Pour incarner ces questionnements âpres, il fallait un casting à la hauteur, que les membres de l’Académie André Delvaux ont choisi de distinguer, en nommant dans la catégorie Meilleure actrice l’excellente et bouleversante Selma Alaoui, dont c’est la première nomination aux Magritte du Cinéma, et qui a également été retenue pour ce rôle parmi les Révélations des César 2025, ainsi que Veerle Baetens, une habituée de la Cérémonie, puisqu’elle a déjà été couronnée deux fois pour Un début prometteur en 2016 et Duelles en 2020.

La direction artistique du film a également été particulièrement appréciée. La Directrice de la photographie Juliette Van Dormael obtient ainsi sa deuxième nomination dans la catégorie Meilleure image (après celle obtenue pour Mon ange en 2018), pour sa capacité à injecter de la lumière dans cette histoire tout en clairs-obscurs. Du côté des décors, c’est la décidément incontournable Eve Martin qui démontre une fois de plus tout son savoir-faire, après avoir déjà gagné les deux derniers trophées pour Close de Lukas Dhont et Augure de Baloji. Enfin, la subtile alchimie trouvée au montage par Damien Keyeux lui vaut lui aussi une nouvelle nomination dans la catégorie, après les prix obtenus en 2015 pour La Marche et 2020 pour Duelles.

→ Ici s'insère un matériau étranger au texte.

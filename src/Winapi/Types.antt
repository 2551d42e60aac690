-- ===== src/Winapi/Types.antt =====
-- winapi/service.go, winapi/security.go: the structures that cross the boundary to Windows, and
-- the arguments of the calls that take many. A pointer to text is a StringPtr; any other pointer is
-- an address, and nil is 0.
use winsvc.Prelude.{ℕ, Option, List}

-- A `*uint16`: nil, or the units that stand in memory from the address on.
abbrev pub StringPtr : Type 0
StringPtr = Option (List ℕ)

pub record ServiceStatus : Type 0 where
  pub service_type : ℕ
  pub current_state : ℕ
  pub controls_accepted : ℕ
  pub win32_exit_code : ℕ
  pub service_specific_exit_code : ℕ
  pub check_point : ℕ
  pub wait_hint : ℕ

pub record ServiceTableEntry : Type 0 where
  pub service_name : StringPtr
  pub service_proc : ℕ

pub record QueryServiceConfig : Type 0 where
  pub service_type : ℕ
  pub start_type : ℕ
  pub error_control : ℕ
  pub binary_path_name : StringPtr
  pub load_order_group : StringPtr
  pub tag_id : ℕ
  pub dependencies : StringPtr
  pub service_start_name : StringPtr
  pub display_name : StringPtr

pub record ServiceDescription : Type 0 where
  pub description : StringPtr

-- The group count is that of the list.
pub record Tokengroups : Type 0 where
  pub groups : List ℕ

pub record CreateServiceArgs : Type 0 where
  pub mgr : ℕ
  pub service_name : StringPtr
  pub display_name : StringPtr
  pub access : ℕ
  pub srv_type : ℕ
  pub start_type : ℕ
  pub err_ctl : ℕ
  pub path_name : StringPtr
  pub load_order_group : StringPtr
  pub tag_id : ℕ
  pub dependencies : StringPtr
  pub service_start_name : StringPtr
  pub password : StringPtr

pub record ChangeServiceConfigArgs : Type 0 where
  pub service : ℕ
  pub service_type : ℕ
  pub start_type : ℕ
  pub error_control : ℕ
  pub binary_path_name : StringPtr
  pub load_order_group : StringPtr
  pub tag_id : ℕ
  pub dependencies : StringPtr
  pub service_start_name : StringPtr
  pub password : StringPtr
  pub display_name : StringPtr

pub record ReportEventArgs : Type 0 where
  pub log : ℕ
  pub etype : ℕ
  pub category : ℕ
  pub event_id : ℕ
  pub usr_sid : ℕ
  pub num_strings : ℕ
  pub data_size : ℕ
  pub strings : List StringPtr
  pub raw_data : ℕ

pub record RegCreateKeyExArgs : Type 0 where
  pub key : ℕ
  pub subkey : StringPtr
  pub reserved : ℕ
  pub class : StringPtr
  pub options : ℕ
  pub desired : ℕ
  pub sa : ℕ

pub record RegSetValueExArgs : Type 0 where
  pub key : ℕ
  pub value_name : StringPtr
  pub reserved : ℕ
  pub vtype : ℕ
  pub buf : List ℕ
  pub bufsize : ℕ

pub record AllocateSidArgs : Type 0 where
  pub ident_auth : ℕ
  pub sub_auth : ℕ
  pub sub_auths : List ℕ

Quitter la nuit a fait sa première internationale au prestigieux Festival de Venise, dans la section Giornate degli Autori où il a remporté le Prix du Public. Le film est produit par Jacques-Henri Bronckart pour Versus Production, un habitué de la course au Meilleur film, puisque c’est sa 13e nomination dans cette catégorie (en comptanr son autre nomination de l’année pour Une part manquante de Guillaume Senez!), catégorie remportée à 5 reprises pour Les Géants, A perdre la raison, Les Premiers les derniers, Duelles et Nobody Has to Know.